WHAT YOU NEED TO DO ::
Look for "cloudsdk_env [] = []" in the records below, then copy that line and every line after it, exactly and with nothing added.
══════
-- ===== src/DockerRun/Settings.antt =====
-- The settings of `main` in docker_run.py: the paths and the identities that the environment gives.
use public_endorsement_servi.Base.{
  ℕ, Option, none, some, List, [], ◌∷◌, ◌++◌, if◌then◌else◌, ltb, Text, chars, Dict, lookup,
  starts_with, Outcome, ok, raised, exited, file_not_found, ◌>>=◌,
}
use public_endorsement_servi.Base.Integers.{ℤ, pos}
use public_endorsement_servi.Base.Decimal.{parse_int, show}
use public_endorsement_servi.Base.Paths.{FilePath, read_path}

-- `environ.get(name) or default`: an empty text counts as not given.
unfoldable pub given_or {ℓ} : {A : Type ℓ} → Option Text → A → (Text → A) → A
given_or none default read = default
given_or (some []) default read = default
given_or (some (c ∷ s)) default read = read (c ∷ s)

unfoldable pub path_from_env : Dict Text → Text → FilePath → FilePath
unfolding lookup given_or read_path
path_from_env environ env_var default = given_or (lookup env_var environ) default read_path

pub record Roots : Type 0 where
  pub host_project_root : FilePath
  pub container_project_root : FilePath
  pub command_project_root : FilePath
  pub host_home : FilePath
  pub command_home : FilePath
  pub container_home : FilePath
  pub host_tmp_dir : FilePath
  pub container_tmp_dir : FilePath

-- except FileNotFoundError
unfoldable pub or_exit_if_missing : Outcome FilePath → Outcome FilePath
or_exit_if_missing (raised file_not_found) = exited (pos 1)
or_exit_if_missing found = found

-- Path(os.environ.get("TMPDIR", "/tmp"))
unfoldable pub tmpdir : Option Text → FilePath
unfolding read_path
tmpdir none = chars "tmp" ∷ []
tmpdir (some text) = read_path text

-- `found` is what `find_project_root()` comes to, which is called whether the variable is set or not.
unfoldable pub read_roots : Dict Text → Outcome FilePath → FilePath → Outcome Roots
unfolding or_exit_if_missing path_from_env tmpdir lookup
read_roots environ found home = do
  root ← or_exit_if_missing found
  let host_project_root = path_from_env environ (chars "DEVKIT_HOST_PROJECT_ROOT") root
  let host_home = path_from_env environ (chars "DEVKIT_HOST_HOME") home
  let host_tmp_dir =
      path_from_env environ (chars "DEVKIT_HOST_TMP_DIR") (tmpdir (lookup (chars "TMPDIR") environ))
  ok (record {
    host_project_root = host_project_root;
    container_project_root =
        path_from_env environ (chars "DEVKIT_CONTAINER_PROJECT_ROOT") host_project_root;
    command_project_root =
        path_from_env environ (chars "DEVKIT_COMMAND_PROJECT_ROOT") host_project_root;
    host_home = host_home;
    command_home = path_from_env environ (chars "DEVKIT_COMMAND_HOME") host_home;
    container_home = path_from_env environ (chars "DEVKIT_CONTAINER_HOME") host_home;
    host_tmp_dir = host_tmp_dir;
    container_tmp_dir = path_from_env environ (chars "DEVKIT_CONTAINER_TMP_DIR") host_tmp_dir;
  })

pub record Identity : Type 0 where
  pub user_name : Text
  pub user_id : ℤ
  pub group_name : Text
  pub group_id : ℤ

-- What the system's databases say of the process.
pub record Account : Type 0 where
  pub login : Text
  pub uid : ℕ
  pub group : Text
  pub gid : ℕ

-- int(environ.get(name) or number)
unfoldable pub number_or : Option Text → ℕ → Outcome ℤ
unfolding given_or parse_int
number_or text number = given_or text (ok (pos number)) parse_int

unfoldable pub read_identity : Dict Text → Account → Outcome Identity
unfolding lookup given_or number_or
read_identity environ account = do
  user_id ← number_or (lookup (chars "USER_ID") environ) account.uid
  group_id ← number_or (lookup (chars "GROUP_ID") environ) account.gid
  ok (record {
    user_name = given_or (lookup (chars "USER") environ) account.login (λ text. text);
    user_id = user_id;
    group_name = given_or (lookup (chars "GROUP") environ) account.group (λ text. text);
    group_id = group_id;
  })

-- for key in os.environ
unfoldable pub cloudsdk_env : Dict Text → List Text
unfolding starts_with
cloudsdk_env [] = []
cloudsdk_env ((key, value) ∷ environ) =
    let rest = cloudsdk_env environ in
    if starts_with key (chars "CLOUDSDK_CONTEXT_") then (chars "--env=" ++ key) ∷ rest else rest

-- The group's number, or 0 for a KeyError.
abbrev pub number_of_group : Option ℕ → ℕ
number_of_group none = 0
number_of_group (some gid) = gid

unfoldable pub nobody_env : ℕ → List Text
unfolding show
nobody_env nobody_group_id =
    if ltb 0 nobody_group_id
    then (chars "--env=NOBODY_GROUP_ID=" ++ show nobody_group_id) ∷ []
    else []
══════
SOLUTION BELOW ::
cloudsdk_env [] = []
cloudsdk_env ((key, value) ∷ environ) =
    let rest = cloudsdk_env environ in
    if starts_with key (chars "CLOUDSDK_CONTEXT_") then (chars "--env=" ++ key) ∷ rest else rest

-- The group's number, or 0 for a KeyError.
abbrev pub number_of_group : Option ℕ → ℕ
number_of_group none = 0
number_of_group (some gid) = gid

unfoldable pub nobody_env : ℕ → List Text
unfolding show
nobody_env nobody_group_id =
    if ltb 0 nobody_group_id
    then (chars "--env=NOBODY_GROUP_ID=" ++ show nobody_group_id) ∷ []
    else []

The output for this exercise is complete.